= Beginning of Section =
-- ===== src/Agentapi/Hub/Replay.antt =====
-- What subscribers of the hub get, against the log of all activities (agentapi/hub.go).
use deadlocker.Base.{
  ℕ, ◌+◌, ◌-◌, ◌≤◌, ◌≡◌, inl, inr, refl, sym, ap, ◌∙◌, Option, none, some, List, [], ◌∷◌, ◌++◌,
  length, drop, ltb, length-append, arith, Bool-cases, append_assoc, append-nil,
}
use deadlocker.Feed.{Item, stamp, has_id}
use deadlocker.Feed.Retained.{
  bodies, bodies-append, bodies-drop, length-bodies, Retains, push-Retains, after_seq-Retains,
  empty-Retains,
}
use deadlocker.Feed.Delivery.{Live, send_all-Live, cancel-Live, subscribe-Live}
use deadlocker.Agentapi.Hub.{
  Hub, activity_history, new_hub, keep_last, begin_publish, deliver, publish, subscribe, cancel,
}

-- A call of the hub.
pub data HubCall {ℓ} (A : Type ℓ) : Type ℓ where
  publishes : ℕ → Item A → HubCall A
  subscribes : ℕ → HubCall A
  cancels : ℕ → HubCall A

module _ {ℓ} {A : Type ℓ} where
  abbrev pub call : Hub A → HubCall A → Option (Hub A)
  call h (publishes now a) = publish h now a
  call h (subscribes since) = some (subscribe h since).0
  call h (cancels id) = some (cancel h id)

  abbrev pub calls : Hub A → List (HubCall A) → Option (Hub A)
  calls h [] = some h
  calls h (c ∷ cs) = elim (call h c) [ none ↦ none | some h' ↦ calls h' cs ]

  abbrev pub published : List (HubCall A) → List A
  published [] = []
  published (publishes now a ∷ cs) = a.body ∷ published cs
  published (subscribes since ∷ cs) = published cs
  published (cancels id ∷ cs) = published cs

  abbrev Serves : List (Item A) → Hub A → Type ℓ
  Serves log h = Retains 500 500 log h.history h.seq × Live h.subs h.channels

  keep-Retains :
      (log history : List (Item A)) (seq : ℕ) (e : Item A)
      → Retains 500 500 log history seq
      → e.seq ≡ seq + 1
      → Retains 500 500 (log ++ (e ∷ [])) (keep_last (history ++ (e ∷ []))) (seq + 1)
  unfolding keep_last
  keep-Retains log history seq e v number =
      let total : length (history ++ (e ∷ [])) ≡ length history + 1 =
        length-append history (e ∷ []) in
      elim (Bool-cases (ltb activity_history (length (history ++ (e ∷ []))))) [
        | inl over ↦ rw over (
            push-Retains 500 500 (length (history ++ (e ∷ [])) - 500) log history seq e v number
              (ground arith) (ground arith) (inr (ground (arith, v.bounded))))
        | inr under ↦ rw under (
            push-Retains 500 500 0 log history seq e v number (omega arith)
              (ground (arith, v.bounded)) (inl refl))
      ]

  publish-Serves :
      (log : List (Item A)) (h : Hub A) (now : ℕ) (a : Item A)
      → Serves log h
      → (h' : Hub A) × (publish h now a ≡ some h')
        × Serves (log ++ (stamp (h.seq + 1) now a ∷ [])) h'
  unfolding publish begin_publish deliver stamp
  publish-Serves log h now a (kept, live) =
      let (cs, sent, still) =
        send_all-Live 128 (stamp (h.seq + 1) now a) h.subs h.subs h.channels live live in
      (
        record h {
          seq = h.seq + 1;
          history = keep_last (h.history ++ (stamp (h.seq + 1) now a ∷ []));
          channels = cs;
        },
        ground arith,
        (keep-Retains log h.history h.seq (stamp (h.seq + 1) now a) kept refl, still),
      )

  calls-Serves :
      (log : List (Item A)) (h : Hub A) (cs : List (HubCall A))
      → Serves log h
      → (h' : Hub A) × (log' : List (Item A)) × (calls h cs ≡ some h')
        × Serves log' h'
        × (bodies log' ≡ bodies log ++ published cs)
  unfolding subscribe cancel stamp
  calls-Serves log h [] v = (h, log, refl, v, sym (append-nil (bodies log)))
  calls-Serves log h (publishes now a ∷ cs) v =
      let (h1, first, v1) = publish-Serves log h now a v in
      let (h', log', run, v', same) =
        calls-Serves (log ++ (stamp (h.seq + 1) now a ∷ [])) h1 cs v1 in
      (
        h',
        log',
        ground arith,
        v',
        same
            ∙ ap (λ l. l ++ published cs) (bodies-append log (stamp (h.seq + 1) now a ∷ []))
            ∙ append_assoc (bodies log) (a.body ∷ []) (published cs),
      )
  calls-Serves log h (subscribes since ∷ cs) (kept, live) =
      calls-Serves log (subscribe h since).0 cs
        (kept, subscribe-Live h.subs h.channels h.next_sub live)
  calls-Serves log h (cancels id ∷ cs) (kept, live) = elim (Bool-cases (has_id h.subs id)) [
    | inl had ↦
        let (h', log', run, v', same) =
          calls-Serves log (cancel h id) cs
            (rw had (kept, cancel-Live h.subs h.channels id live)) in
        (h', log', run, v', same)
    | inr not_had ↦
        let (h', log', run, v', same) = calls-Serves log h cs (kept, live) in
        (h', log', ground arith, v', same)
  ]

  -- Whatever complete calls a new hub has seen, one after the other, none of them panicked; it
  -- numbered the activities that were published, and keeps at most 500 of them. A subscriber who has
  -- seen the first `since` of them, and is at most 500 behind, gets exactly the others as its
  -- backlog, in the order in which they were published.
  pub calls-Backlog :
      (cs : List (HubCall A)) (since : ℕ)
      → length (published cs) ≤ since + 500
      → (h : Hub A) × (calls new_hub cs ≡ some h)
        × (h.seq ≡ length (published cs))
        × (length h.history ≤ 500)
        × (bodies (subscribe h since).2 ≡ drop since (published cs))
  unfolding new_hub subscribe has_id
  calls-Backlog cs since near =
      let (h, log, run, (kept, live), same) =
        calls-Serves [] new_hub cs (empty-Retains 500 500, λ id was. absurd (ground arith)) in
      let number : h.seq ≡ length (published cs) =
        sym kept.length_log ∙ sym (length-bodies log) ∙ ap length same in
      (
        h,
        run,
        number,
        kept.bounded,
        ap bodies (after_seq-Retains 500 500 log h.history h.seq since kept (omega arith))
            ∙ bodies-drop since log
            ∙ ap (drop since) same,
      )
= End of Section =
Your assignment >>
Scan the records for the word "Type". Copy each line where it turns up.

Task response >>
pub data HubCall {ℓ} (A : Type ℓ) : Type ℓ where
module _ {ℓ} {A : Type ℓ} where
  abbrev Serves : List (Item A) → Hub A → Type ℓ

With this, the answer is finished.